_Required action_
Gather each line in the entries that includes the string "AtaIdentifyDevice".

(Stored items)
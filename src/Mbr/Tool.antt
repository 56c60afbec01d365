-- ===== src/Mbr/Tool.antt =====
-- hdmbr/main.c: what the program prints of the first disk.
pub mod Fields
pub mod Report
use c_modules.Base.{
  ℕ, zero, suc, ◌+◌, ◌*◌, ◌/◌, ◌^◌, Bool, Option, none, some, List, [], ◌∷◌, ◌++◌, ◌==◌,
  if◌then◌else◌, Memory, codes,
}
use c_modules.Base.Decimal.{decimal}
use c_modules.Mbr.Text.{copy_word_endian_string, string_trim_space}
use c_modules.Mbr.Capacity.{AtaIdentifyDevice, Capacity, determine_capacity}
use c_modules.Mbr.Identify.{DiskDriver, ReadMbr, read_mbr}

-- A 16-bit word of the block, lower byte first.
unfoldable pub word_at_byte : Memory → ℕ → ℕ
word_at_byte block p = block p + 256 * block (p + 1)

-- The 512 bytes of the block as the structure; its fields lie without gaps.
unfoldable pub newdata : Memory → AtaIdentifyDevice
unfolding word_at_byte
newdata block = record {
  serial_no = λ p. block (20 + p);
  fw_rev = λ p. block (46 + p);
  model = λ p. block (54 + p);
  words047_079 = λ i. word_at_byte block (94 + 2 * i);
  command_set_2 = word_at_byte block 166;
  words088_255 = λ i. word_at_byte block (176 + 2 * i);
}

unfoldable pub add_char : ℕ → Option (List ℕ) → Option (List ℕ)
add_char c none = none
add_char c (some text) = some (c ∷ text)

-- `%s`; `none` without a NUL within the fuel.
unfoldable pub printed_string : (fuel : ℕ) → Memory → (at : ℕ) → Option (List ℕ)
unfolding add_char
printed_string zero m at = none
printed_string (suc fuel) m at =
    let rest = printed_string fuel m (at + 1) in if m at == 0 then some [] else add_char (m at) rest

-- What is printed of a text that has been trimmed.
unfoldable pub printed_trimmed : (fuel : ℕ) → Option Memory → Option (List ℕ)
unfolding printed_string
printed_trimmed fuel none = none
printed_trimmed fuel (some name) = printed_string fuel name 0

-- copyWordEndianString, stringTrimSpace and printf of one field, through a buffer.
unfoldable pub show_field : (fuel : ℕ) → (buffer source : Memory) → (len : ℕ) → Option (List ℕ)
unfolding printed_trimmed
show_field fuel buffer source len =
    printed_trimmed fuel (string_trim_space fuel (copy_word_endian_string buffer source len))

unfoldable pub size_text : Capacity → List ℕ
size_text hdsize = decimal 20 (hdsize.bytes / 1000000000) ++ codes "Gbytes"

-- What the program prints: the number that readMBR gives, or the model, the serial number, the
-- firmware and the size. The buffers are not set before.
pub data ToolRun : Type 0 where
  ret : ℕ → ToolRun
  report : (mode_name serial_number fw : Option (List ℕ)) → (size : List ℕ) → ToolRun

unfoldable pub show_disk :
    (fuel : ℕ) → (mode_name serial_number : Memory) → AtaIdentifyDevice → ToolRun
unfolding show_field size_text
show_disk fuel mode_name serial_number drive =
    report (show_field fuel mode_name drive.model 20)
      (show_field fuel serial_number drive.serial_no 10)
      (show_field fuel serial_number drive.fw_rev 4) (size_text (determine_capacity drive))

unfoldable pub after_mbr :
    (fuel : ℕ) → (mode_name serial_number : Memory) → (result : ℕ) → (block : Memory) → ToolRun
unfolding show_disk newdata
after_mbr fuel mode_name serial_number zero block =
    show_disk fuel mode_name serial_number (newdata block)
after_mbr fuel mode_name serial_number (suc result) block = ret (suc result)

-- `main`
unfoldable pub disk_tool :
    {S : Type 0}
    → DiskDriver S
    → (fuel : ℕ) → (mode_name serial_number block : Memory) → S
    → ToolRun
unfolding after_mbr
disk_tool driver fuel mode_name serial_number block s =
    let r = read_mbr driver (codes "/dev/sda") block s in
    after_mbr fuel mode_name serial_number r.result r.block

_Exercise answer_
use c_modules.Mbr.Capacity.{AtaIdentifyDevice, Capacity, determine_capacity}
unfoldable pub newdata : Memory → AtaIdentifyDevice
    (fuel : ℕ) → (mode_name serial_number : Memory) → AtaIdentifyDevice → ToolRun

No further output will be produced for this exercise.